#### [Input data]
-- ===== src/Tests/Limits.antt =====
-- Risk evaluations, the last checks before the broker, and idempotency keys.
use icici_breeze_api_trading.Prelude.{arith}
use icici_breeze_api_trading.Prelude.{
  keep, ℕ, ◌+◌, ◌==◌, if◌then◌else◌, ◌≡◌, refl, ◌++◌, true, false, none, some, List, [], ◌∷◌,
  length, All,
}
use icici_breeze_api_trading.Prelude.Int.{ℤ, pos, ◌*ℤ◌, ◌-ℤ◌}
use icici_breeze_api_trading.Prelude.Result.{Result, ok, err, other_error}
use icici_breeze_api_trading.Contracts.{
  BrokerOrder, Message, OrderState, RiskDecision, risk_decision, all_checks_passed, system_halted,
  normal, halted, broker_order_event, failed_safe_word, approved, submitting, filled, audit_event,
  kill_switch_enabled,
}
use icici_breeze_api_trading.Oms.Repository.{get_order_by_id}
use icici_breeze_api_trading.Oms.Service.{Oms, new_order}
use icici_breeze_api_trading.Risk.Service.{
  Risk, evaluate_intent, new_decision, trigger_kill_switch, other_action, halt,
  handle_order_intent_event, publish_decision, decides,
}
use icici_breeze_api_trading.Risk.Limits.{IsSafe}
use icici_breeze_api_trading.Risk.Safety.{IsUnrepeated, approved-IsSafe}
use icici_breeze_api_trading.Risk.Modes.{
  exit_never_trapped, kill_switch_blocks, unknown_action_blocks_nothing,
}
use icici_breeze_api_trading.Risk.Once.{IsUnique, handle_order_intent_event-IsUnique}
use icici_breeze_api_trading.Risk.Checks.{held_quantity}
use icici_breeze_api_trading.Execution.Requests.{build_broker_request}
use icici_breeze_api_trading.Execution.Service.{
  Execution, execute_order, reserve_and_submit, own_update,
}
use icici_breeze_api_trading.Risk.Decided.{decided_once}
use icici_breeze_api_trading.Execution.Single.{submissions}
use icici_breeze_api_trading.Execution.Guards.{unsafe_order_fails_safe, reserved_order_sent_again}
use icici_breeze_api_trading.Execution.Reconcile.{Evidence, reconcile_live_orders}
use icici_breeze_api_trading.Execution.Fills.{IsExactFill, reconcile_live_orders-exact}
use icici_breeze_api_trading.LiveGate.{validate_live_order}
use icici_breeze_api_trading.Idempotency.{
  Request, Gateway, Web, response, raised, claimed, claim_or_get, execute_keyed,
}
use icici_breeze_api_trading.Idempotency.Runs.{Op, execute, cleanup, run_all}
use icici_breeze_api_trading.Idempotency.Replay.{
  executed_once, failure_releases_key, late_failure_runs_again,
}
use icici_breeze_api_trading.Tests.Values.{
  evidence_of, paise, live_buy, paper_exit, empty_oms, open_gate, closed_gate, execution_config,
  run_with, accepted, risk_config, risk_setup, services, fresh_risk, decision_stamp,
}

approved-IsSafe_example :
    IsSafe risk_config services normal live_buy
    × IsUnrepeated risk_setup live_buy 5000000 fresh_risk
unfolding evaluate_intent validate_live_order ◌*ℤ◌
approved-IsSafe_example =
    approved-IsSafe risk_setup services live_buy 5000000 decision_stamp fresh_risk
      {d = new_decision live_buy true all_checks_passed 95 normal decision_stamp} refl refl

exit_never_trapped_example :
    (evaluate_intent risk_setup services paper_exit 5000000 decision_stamp
      (trigger_kill_switch halt 1 2 3 4 fresh_risk).1).0
    ≡ ok (
        new_decision paper_exit true all_checks_passed 95
          (trigger_kill_switch halt 1 2 3 4 fresh_risk).1.system_mode
          decision_stamp)
unfolding held_quantity trigger_kill_switch
exit_never_trapped_example =
    exit_never_trapped risk_setup services paper_exit 5000000 decision_stamp
      (trigger_kill_switch halt 1 2 3 4 fresh_risk).1 (pos 50) refl refl refl (omega arith)
      (omega arith) (omega arith) refl refl refl refl refl

kill_switch_blocks_example :
    (new_decision live_buy false system_halted 95 halted decision_stamp).approved ≡ false
unfolding evaluate_intent trigger_kill_switch validate_live_order
kill_switch_blocks_example =
    kill_switch_blocks risk_setup services live_buy 5000000 decision_stamp fresh_risk halt 1 2 3 4
      {d = new_decision live_buy false system_halted 95 halted decision_stamp} tt refl refl

unknown_action_blocks_nothing_example :
    let s = (trigger_kill_switch (other_action 9) 1 2 3 4 fresh_risk).1 in
    (s.bus ≡ fresh_risk.bus ++ (audit_event kill_switch_enabled ∷ []))
    × ((evaluate_intent risk_setup services live_buy 5000000 decision_stamp s).0
        ≡ (evaluate_intent risk_setup services live_buy 5000000 decision_stamp fresh_risk).0)
unknown_action_blocks_nothing_example =
    unknown_action_blocks_nothing risk_setup services live_buy 5000000 decision_stamp fresh_risk 9 1
      2 3 4 refl

abbrev decided : Risk ℤ
decided =
    (handle_order_intent_event risk_setup services live_buy 5000000 decision_stamp fresh_risk).1

handle_order_intent_event-IsUnique_example : IsUnique decided.risk_decisions
handle_order_intent_event-IsUnique_example =
    handle_order_intent_event-IsUnique risk_setup services live_buy 5000000 decision_stamp
      fresh_risk (λ _. omega arith)

decided_once_example :
    (d : RiskDecision) × (decided.bus ≡ fresh_risk.bus ++ (risk_decision d ∷ []))
    × (keep (decides live_buy.intent_id) decided.risk_decisions ≡ d ∷ [])
    × (handle_order_intent_event risk_setup services live_buy 6000000 decision_stamp decided
        ≡ (ok tt, publish_decision d decided))
unfolding handle_order_intent_event validate_live_order ◌*ℤ◌
decided_once_example =
    decided_once risk_setup risk_setup services services live_buy live_buy 5000000 6000000
      decision_stamp decision_stamp fresh_risk (λ _. omega arith) refl refl

-- An order of `live_buy` in a given state.
abbrev order_in : OrderState → BrokerOrder ℤ
order_in state = record (new_order live_buy (pos 0) 1 91 1500) { status = state }

abbrev oms_with : OrderState → Oms ℤ
oms_with state = record empty_oms {
  repo = record empty_oms.repo { broker_orders = order_in state ∷ [] };
}

abbrev ready : OrderState → Execution ℤ
ready state = record { oms = oms_with state; processed = []; placed = [] }

unsafe_order_fails_safe_example :
    let after =
      (execute_order execution_config (run_with closed_gate 15 accepted) 1 (ready approved)).1 in
    (after.placed ≡ [])
    × (after.oms.repo ≡ (oms_with approved).repo)
    × ((text : ℕ) × (after.oms.bus
          ≡ [] ++ (broker_order_event (own_update failed_safe_word text (order_in approved)) ∷ [])))
unfolding get_order_by_id validate_live_order
unsafe_order_fails_safe_example =
    unsafe_order_fails_safe execution_config (run_with closed_gate 15 accepted) 1 (ready approved)
      (order_in approved) refl refl refl refl

reserved_order_sent_again_example :
    submissions 1
      (reserve_and_submit execution_config
        (run_with open_gate 16 accepted)
        1
        (ready submitting)).1.placed
    ≡ 1
unfolding get_order_by_id build_broker_request
reserved_order_sent_again_example =
    reserved_order_sent_again execution_config (run_with open_gate 16 accepted) 1 (ready submitting)
      (order_in submitting) _ refl refl refl

-- The portfolio has executed twenty of the fifty that the order has filled.
abbrev evidence : Evidence ℤ
evidence = evidence_of (pos 20)

abbrev filled_oms : Oms ℤ
filled_oms = record empty_oms {
  repo = record empty_oms.repo {
    broker_orders = record (order_in filled) { filled_quantity = pos 50 } ∷ [];
  };
}

reconcile_live_orders-exact_example :
    (ms : List (Message ℤ)) × ((reconcile_live_orders execution_config evidence filled_oms).1.bus
      ≡ [] ++ ms)
    × ((reconcile_live_orders execution_config evidence filled_oms).1.repo ≡ filled_oms.repo)
    × All (IsExactFill evidence) ms
reconcile_live_orders-exact_example =
    reconcile_live_orders-exact execution_config evidence filled_oms

filled_oms_bus : length (reconcile_live_orders execution_config evidence filled_oms).1.bus ≡ 1
unfolding reconcile_live_orders ◌-ℤ◌
filled_oms_bus = refl

abbrev request : Request
request = record {
  idempotency_key = some 7;
  user_id = 8;
  path = 9;
  request_hash = 10;
  ttl_microseconds = 1000;
}

abbrev gateway : Gateway ℕ ℕ
gateway = record { records = []; audit = []; world = 3 }

abbrev count_up : ℕ → Result ℕ × ℕ
count_up n = (ok n, 4)

abbrev other_request : Request
other_request = record request { request_hash = 11 }

-- Counts its executions, and answers seven.
abbrev answer_seven : ℕ → Result ℕ × ℕ
answer_seven n = (ok 7, n + 1)

abbrev fail_up : ℕ → Result ℕ × ℕ
fail_up n = (err other_error, 4)

-- A body is the number itself, and seven cannot be rendered.
abbrev web : Web ℕ ℕ
web = record {
  encode = λ n. ok n;
  dump = λ n. ok tt;
  render = λ b. elim b [ none ↦ ok tt | some n ↦ if n == 7 then err other_error else ok tt ];
}

abbrev between : List (Op ℕ ℕ)
between =
    execute 6 request 520 fail_up ∷ (execute 7 other_request 540 count_up ∷ (cleanup 560 ∷ []))

abbrev done_once : Gateway ℕ ℕ
done_once =
    run_all web (λ _. true) between (execute_keyed web (λ _. true) 7 request 500 count_up gateway).1

executed_once_example :
    execute_keyed web (λ _. true) 7 request 600 count_up done_once
    ≡ (response 200 (some 3) true, done_once)
unfolding claim_or_get
executed_once_example =
    executed_once web (λ _. true) 7 request request 500 600 count_up count_up between gateway refl
      refl refl refl refl refl refl (omega arith, (omega arith, (omega arith, tt))) (omega arith)

failure_releases_key_example :
    ((execute_keyed web (λ _. true) 7 request 500 fail_up gateway).0 ≡ raised other_error)
    × ((claim_or_get 7 request 600
          (execute_keyed web (λ _. true) 7 request 500 fail_up gateway).1.records).0
        ≡ claimed)
unfolding claim_or_get
failure_releases_key_example =
    failure_releases_key web (λ _. true) 7 request request 500 600 fail_up gateway refl refl refl

late_failure_runs_again_example :
    let (reply, g) = execute_keyed web (λ _. true) 7 request 500 answer_seven gateway in
    (reply ≡ raised other_error)
    × ((execute_keyed web (λ _. true) 7 request 600 answer_seven g).1.world ≡ 5)
unfolding claim_or_get
late_failure_runs_again_example =
    late_failure_runs_again web (λ _. true) 7 request request 500 600 answer_seven answer_seven
      gateway refl refl refl refl refl refl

#### [Task statement]
From the material above, set down exactly the lines starting at the one with "broker_orders = order_in" and ending at the one with "ℕ) × (after.oms.bus", end lines included.

#### [Reply to the task]
  repo = record empty_oms.repo { broker_orders = order_in state ∷ [] };
}

abbrev ready : OrderState → Execution ℤ
ready state = record { oms = oms_with state; processed = []; placed = [] }

unsafe_order_fails_safe_example :
    let after =
      (execute_order execution_config (run_with closed_gate 15 accepted) 1 (ready approved)).1 in
    (after.placed ≡ [])
    × (after.oms.repo ≡ (oms_with approved).repo)
    × ((text : ℕ) × (after.oms.bus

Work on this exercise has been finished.